Incrementality testing is not a nice-to-have, it’s a need-to-have.
Digital natives are on to something. Every marketing team engages in A/B testing; it is ubiquitous in the world of digital marketing. Vendor platforms support split testing, website design wouldn’t exist without it, and many channel managers would tell you that it’s crucial to decision-making. But the quality of testing varies wildly, from ad hoc to dedicated programs supported by large teams of experienced data scientists. Uber and Spotify have spent millions building this capability in-house as their $200M+ digital media budgets have necessitated it. They have entire teams focused exclusively on executing these tests to inform the incrementality of marketing programs down to the campaign level. Meanwhile many digital marketers play amateur data scientists with vendor-provided split testing tools to compare creatives, answer one-off questions from execs, or generally conclude they should spend more on digital acquisition (YES!).
In order to effectively execute digital media, optimize campaign allocation, and scale acquisition, marketers should be running a host of expertly designed incrementality tests in an always-on mode across digital media channels. However, the hard truth is that most marketing organizations don’t have the budgets or the wherewithal to justify developing a best-in-class capability in-house.
Enter the Measured incrementality platform.

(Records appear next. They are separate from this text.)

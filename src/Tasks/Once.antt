-- ===== src/Tasks/Once.antt =====
-- ThreadPool: each task is run once.
use network_ydxlib.Base.{
  ℕ, ◌+◌, ◌-◌, ◌<◌, ◌≡◌, sym, ap, ◌∙◌, subst, Bool, true, false, some-inj, Option, none, some, List,
  [], ◌∷◌, ◌++◌, append_assoc, length, length-append, arith, if◌then◌else◌,
}
use mathlib.Core.List.{Perm, perm_append_singleton, perm_middle}
use mathlib.Core.List.Perm
use network_ydxlib.Tasks.{ThreadPool, run, take, take_from, stop}
use network_ydxlib.Tasks.Order.{IsOrdered, runs}
use network_ydxlib.Tasks.Order
use network_ydxlib.Tasks.Workers.{
  Workers, test_running, took, finish, Step, Reach, here, next, submits, tests, finishes,
}
use network_ydxlib.Tasks.Workers

module _ {T : Type 0} where
  -- Of `n` workers.
  pub record IsKept (n : ℕ) (w : Workers T) : Type 0 where
    pub ordered : IsOrdered w.pool
    pub once : Perm w.pool.taken (w.executed ++ w.busy)
    pub workers : w.testing + w.taking + length w.busy + w.ended ≡ n

  -- What `take` and `run` do to the tasks taken so far.
  data Taken (p : ThreadPool T) (o : Option T) (q : ThreadPool T) : Type 0 where
    empty : o ≡ none → q.taken ≡ p.taken → Taken p o q
    front : (task : T) → o ≡ some task → q.taken ≡ p.taken ++ (task ∷ []) → Taken p o q

  of_none :
      (b : Bool) (p q : ThreadPool T) (o : Option T)
      → if◌then◌else◌ {A = Option (Option T × ThreadPool T)} b none (some (none, p)) ≡ some (o, q)
      → Taken p o q
  of_none true p q o e = absurd (cc e)
  of_none false p q o e =
      let h = some-inj e in empty (sym (ap (λ x. x.0) h)) (sym (ap (λ x. x.1.taken) h))

  take_from-Taken :
      (ts : List T) (p q : ThreadPool T) (o : Option T) → take_from ts p ≡ some (o, q) → Taken p o q
  unfolding take_from
  take_from-Taken [] p q o e = of_none p.running p q o e
  take_from-Taken (t ∷ ts) p q o e =
      let h = some-inj e in front t (sym (ap (λ x. x.0) h)) (sym (ap (λ x. x.1.taken) h))

  take-Taken : (p q : ThreadPool T) (o : Option T) → take p ≡ some (o, q) → Taken p o q
  unfolding take
  take-Taken p q o e = take_from-Taken p.queue p q o e

  run-taken : (task : T) (p q : ThreadPool T) → run task p ≡ some q → q.taken ≡ p.taken
  unfolding run
  run-taken task p q e = ground (arith, e)

  tested :
      {n : ℕ} (b : Bool) (w : Workers T)
      → IsKept n w
      → 0 < w.testing
      → IsKept n (
          if b
          then record w { testing = w.testing - 1; taking = w.taking + 1 }
          else record w { testing = w.testing - 1; ended = w.ended + 1 })
  tested true w k h = record {
    ordered = k.ordered;
    once = k.once;
    workers = omega (arith, k.workers);
  }
  tested false w k h = record {
    ordered = k.ordered;
    once = k.once;
    workers = omega (arith, k.workers);
  }

  test-IsKept : {n : ℕ} (w : Workers T) → IsKept n w → 0 < w.testing → IsKept n (test_running w)
  unfolding test_running
  test-IsKept w k h = tested w.pool.running w k h

  took-IsKept :
      {n : ℕ} (w : Workers T) (o : Option T) (p : ThreadPool T)
      → IsKept n w
      → 0 < w.taking
      → IsOrdered p
      → Taken w.pool o p
      → IsKept n (took (o, p) w)
  unfolding took
  took-IsKept w none p k h ordered (empty _ same) = record {
    ordered = ordered;
    once = subst (λ l. Perm l (w.executed ++ w.busy)) (sym same) k.once;
    workers = omega (arith, k.workers);
  }
  took-IsKept w none p k h ordered (front t e same) = absurd (cc e)
  took-IsKept w (some task) p k h ordered (empty e same) = absurd (cc e)
  took-IsKept w (some task) p k h ordered (front t e same) = record {
    ordered = ordered;
    once =
        let there : p.taken ≡ w.pool.taken ++ (task ∷ []) =
          same ∙ ap (λ x. w.pool.taken ++ (x ∷ [])) (sym (some-inj e)) in
        subst (λ l. Perm l (w.executed ++ (task ∷ w.busy))) (sym there)
          (Perm.trans (perm_append_singleton task w.pool.taken)
            (Perm.trans (Perm.cons task k.once) (Perm.symm (perm_middle w.executed w.busy))));
    workers = omega (arith, k.workers);
  }

  finish-IsKept :
      {n : ℕ} (w : Workers T) (task : T) (before behind : List T)
      → IsKept n w
      → w.busy ≡ before ++ (task ∷ behind)
      → IsKept n (finish task before behind w)
  unfolding finish
  finish-IsKept w task before behind k e = record {
    ordered = k.ordered;
    once =
        subst (Perm w.pool.taken) (sym (append_assoc w.executed (task ∷ []) (before ++ behind))) (
          Perm.trans (subst (λ l. Perm w.pool.taken (w.executed ++ l)) e k.once)
            (Perm.append_left w.executed (perm_middle before behind)));
    workers = omega (
      arith,
      k.workers,
      ap length e,
      length-append before (task ∷ behind),
      length-append before behind,
    );
  }

  Step-IsKept : {n : ℕ} {w x : Workers T} → IsKept n w → Step w x → IsKept n x
  unfolding stop
  Step-IsKept {n} {w} k (submits {p = p} task e) = record {
    ordered = Order.Step-IsOrdered k.ordered (runs task e);
    once = subst (λ l. Perm l (w.executed ++ w.busy)) (sym (run-taken task w.pool p e)) k.once;
    workers = k.workers;
  }
  Step-IsKept k Workers.stops = record {
    ordered = Order.Step-IsOrdered k.ordered Order.stops;
    once = k.once;
    workers = k.workers;
  }
  Step-IsKept {n} {w} k (tests h) = test-IsKept w k h
  Step-IsKept {n} {w} k (Workers.takes o p h e) =
      took-IsKept w o p k h (Order.Step-IsOrdered k.ordered (Order.takes o e))
        (take-Taken w.pool p o e)
  Step-IsKept {n} {w} k (finishes task before behind e) = finish-IsKept w task before behind k e

  Reach-IsKept : {n : ℕ} {v w : Workers T} → IsKept n v → Reach v w → IsKept n w
  Reach-IsKept k here = k
  Reach-IsKept k (next r s) = Step-IsKept (Reach-IsKept k r) s

  -- Let the tasks taken off the queue so far be, in some order, those run to their end and those
  -- that workers are running, with the queue in order and within its bound, and each of the `n`
  -- workers be somewhere. Then however calls of `run` and `stop` and the workers' steps follow each
  -- other: the tasks accepted so far are, in some order and each exactly as often as it was accepted, those run to
  -- their end, those that workers are running, and the queue; and no worker is lost.
  pub accepted-executed :
      {n : ℕ} {v w : Workers T}
      → IsKept n v
      → Reach v w
      → Perm w.pool.accepted ((w.executed ++ w.busy) ++ w.pool.queue)
        × (w.testing + w.taking + length w.busy + w.ended ≡ n)
  accepted-executed {n} {v} {w} k r =
      let c = Reach-IsKept k r in
      (
        subst (λ l. Perm l ((w.executed ++ w.busy) ++ w.pool.queue)) (sym c.ordered.fifo)
            (Perm.append_right w.pool.queue c.once),
        c.workers,
      )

Ad-hoc split testing isn’t enough to create a meaningful competitive advantage or to develop a winning customer acquisition strategy. Marketers need an always-on design of experiments that operates across all prospecting and retargeting tactics measuring incrementality and informing decision-making. By partnering with Measured ALL digital marketing teams can build and maintain a comprehensive test-based attribution program.
Our team is built of people who have spent the last decade in marketing attribution and measurement solving these problems for brands. Our product deploys a comprehensive design of experiments that measures incrementality at the ad set, audience, campaign, and program level across marketing channels including Facebook, AdWords, retargeting, and catalog/direct mail. Unlike MTA, our product is not dependent on third-party cookies and not limited by the myriad problems created by user-level data. Our implementation is painless. In a matter of weeks, we deploy incrementality tests and provide actionable insights. We empower marketing teams with best-in-class experimentation that would take years to build internally. Together with our clients, we are changing the way marketers make decisions and I could not be more excited to be a part of it.